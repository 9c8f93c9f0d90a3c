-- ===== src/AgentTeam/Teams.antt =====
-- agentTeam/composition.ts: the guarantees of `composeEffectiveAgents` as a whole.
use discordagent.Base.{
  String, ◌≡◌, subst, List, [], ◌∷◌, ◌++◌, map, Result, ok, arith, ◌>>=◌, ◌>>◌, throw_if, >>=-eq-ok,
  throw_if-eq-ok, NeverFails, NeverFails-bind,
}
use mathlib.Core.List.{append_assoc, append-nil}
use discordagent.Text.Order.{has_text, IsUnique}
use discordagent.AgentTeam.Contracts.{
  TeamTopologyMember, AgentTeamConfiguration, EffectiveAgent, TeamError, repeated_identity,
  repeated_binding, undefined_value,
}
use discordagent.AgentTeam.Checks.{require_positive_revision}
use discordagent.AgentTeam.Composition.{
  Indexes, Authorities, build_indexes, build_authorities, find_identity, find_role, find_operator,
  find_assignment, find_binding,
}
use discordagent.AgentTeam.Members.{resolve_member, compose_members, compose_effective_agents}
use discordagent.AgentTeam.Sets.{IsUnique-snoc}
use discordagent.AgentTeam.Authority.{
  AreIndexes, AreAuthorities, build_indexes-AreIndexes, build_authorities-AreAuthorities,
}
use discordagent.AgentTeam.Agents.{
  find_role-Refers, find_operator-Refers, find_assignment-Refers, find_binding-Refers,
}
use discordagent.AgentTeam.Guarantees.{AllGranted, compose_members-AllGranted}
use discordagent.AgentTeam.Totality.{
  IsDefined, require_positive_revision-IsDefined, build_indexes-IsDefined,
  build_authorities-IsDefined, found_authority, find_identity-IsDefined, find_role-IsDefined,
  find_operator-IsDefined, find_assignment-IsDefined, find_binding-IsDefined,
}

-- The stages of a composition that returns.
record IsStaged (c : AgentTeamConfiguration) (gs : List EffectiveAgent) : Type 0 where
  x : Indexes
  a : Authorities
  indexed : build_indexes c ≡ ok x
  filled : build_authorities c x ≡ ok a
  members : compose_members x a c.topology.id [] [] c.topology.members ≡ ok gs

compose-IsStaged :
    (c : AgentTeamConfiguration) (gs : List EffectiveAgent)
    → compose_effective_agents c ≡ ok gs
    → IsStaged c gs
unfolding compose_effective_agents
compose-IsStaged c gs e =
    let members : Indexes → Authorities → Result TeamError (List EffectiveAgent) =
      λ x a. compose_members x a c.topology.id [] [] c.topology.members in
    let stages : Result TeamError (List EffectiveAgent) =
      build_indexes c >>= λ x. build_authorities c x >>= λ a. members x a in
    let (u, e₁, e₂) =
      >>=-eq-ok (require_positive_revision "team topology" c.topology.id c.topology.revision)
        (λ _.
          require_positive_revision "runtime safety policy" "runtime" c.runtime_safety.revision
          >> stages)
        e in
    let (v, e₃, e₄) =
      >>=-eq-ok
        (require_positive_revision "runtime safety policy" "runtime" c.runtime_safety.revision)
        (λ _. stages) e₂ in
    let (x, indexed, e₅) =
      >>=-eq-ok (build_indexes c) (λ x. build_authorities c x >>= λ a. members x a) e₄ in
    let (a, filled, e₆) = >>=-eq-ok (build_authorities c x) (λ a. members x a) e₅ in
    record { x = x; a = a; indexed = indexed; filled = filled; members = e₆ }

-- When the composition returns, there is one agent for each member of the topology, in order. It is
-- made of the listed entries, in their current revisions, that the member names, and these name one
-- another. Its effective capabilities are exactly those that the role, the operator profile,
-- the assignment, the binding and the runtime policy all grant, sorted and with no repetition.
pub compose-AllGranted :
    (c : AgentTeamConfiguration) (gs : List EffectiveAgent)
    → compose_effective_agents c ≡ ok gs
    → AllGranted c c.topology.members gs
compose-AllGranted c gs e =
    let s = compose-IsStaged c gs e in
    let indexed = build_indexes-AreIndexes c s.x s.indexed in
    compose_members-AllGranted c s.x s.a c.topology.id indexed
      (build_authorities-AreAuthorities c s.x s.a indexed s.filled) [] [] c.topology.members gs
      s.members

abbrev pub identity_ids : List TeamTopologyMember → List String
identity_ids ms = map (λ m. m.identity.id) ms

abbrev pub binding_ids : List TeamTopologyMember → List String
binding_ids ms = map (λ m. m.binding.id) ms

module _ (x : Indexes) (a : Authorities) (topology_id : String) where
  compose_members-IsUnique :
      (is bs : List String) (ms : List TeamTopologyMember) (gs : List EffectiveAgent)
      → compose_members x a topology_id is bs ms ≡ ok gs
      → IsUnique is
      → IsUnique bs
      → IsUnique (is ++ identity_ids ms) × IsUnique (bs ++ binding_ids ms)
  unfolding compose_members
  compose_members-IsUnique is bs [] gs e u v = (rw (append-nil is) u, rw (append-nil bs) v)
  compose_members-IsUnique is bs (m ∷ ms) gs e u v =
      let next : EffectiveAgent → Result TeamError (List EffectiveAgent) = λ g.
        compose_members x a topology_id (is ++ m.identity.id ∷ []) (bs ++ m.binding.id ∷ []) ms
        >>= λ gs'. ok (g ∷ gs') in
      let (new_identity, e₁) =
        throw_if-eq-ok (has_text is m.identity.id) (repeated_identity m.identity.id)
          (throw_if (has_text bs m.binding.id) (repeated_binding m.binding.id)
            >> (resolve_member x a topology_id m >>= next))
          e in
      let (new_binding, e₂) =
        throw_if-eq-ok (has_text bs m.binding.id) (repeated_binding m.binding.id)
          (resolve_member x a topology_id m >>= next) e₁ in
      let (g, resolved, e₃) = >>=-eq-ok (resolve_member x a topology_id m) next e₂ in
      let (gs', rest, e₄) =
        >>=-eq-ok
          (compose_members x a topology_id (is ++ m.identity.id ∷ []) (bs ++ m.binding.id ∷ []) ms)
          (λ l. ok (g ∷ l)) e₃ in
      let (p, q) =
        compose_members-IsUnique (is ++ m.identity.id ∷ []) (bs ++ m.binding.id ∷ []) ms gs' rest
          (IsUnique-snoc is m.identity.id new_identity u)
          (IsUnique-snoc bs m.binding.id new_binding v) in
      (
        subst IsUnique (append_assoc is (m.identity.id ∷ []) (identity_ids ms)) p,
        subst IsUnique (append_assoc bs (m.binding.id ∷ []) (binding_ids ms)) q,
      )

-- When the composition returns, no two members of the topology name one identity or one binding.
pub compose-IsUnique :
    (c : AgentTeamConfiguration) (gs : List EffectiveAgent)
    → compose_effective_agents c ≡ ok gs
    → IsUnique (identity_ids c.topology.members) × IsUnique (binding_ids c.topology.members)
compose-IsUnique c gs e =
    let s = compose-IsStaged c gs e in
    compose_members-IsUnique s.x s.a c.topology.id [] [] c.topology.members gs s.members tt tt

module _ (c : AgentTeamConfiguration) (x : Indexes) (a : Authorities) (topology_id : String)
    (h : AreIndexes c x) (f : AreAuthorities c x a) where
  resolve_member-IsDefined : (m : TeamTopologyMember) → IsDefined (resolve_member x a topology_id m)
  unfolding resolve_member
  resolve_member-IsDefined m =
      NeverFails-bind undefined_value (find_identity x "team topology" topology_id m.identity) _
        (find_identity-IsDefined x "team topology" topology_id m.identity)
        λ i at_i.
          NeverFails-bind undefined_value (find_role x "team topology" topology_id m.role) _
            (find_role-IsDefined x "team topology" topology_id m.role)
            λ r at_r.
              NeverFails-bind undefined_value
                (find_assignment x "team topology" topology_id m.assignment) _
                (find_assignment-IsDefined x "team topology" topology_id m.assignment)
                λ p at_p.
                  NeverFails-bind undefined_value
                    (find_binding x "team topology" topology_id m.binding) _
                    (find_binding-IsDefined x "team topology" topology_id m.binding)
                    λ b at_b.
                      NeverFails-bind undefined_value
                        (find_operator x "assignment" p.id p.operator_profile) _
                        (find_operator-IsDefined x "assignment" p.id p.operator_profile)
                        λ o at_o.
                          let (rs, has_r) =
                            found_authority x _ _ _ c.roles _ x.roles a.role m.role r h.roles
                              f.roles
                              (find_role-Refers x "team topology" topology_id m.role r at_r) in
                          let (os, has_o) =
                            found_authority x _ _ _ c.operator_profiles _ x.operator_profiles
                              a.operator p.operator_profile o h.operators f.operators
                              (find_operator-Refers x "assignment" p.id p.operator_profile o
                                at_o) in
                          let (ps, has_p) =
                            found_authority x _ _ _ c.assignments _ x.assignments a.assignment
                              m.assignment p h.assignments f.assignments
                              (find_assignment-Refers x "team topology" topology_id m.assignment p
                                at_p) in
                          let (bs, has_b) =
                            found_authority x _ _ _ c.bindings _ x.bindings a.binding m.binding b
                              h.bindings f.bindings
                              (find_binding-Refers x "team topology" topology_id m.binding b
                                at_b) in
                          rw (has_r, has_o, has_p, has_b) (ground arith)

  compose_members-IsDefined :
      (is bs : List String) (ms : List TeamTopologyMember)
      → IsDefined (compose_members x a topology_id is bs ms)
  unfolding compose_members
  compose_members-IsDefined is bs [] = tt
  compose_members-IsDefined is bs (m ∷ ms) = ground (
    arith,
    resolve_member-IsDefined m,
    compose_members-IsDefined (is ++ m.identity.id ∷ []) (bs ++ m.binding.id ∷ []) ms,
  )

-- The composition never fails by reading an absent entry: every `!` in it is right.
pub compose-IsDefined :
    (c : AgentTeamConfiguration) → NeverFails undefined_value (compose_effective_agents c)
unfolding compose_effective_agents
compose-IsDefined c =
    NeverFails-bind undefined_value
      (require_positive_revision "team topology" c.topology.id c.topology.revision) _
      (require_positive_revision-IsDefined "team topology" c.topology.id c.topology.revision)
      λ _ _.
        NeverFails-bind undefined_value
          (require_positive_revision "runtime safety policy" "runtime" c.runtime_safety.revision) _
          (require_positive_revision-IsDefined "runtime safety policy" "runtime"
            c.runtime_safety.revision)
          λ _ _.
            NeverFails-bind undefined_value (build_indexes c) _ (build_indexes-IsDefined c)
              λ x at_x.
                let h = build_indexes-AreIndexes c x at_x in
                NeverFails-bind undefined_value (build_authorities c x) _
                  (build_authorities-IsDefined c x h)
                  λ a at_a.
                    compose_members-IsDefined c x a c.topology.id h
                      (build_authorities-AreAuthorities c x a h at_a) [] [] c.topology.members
====================
**Your instructions**
Only the lines that hold the word "name" are wanted; each should be pulled from the records.

**Exercise response**
-- made of the listed entries, in their current revisions, that the member names, and these name one
-- When the composition returns, no two members of the topology name one identity or one binding.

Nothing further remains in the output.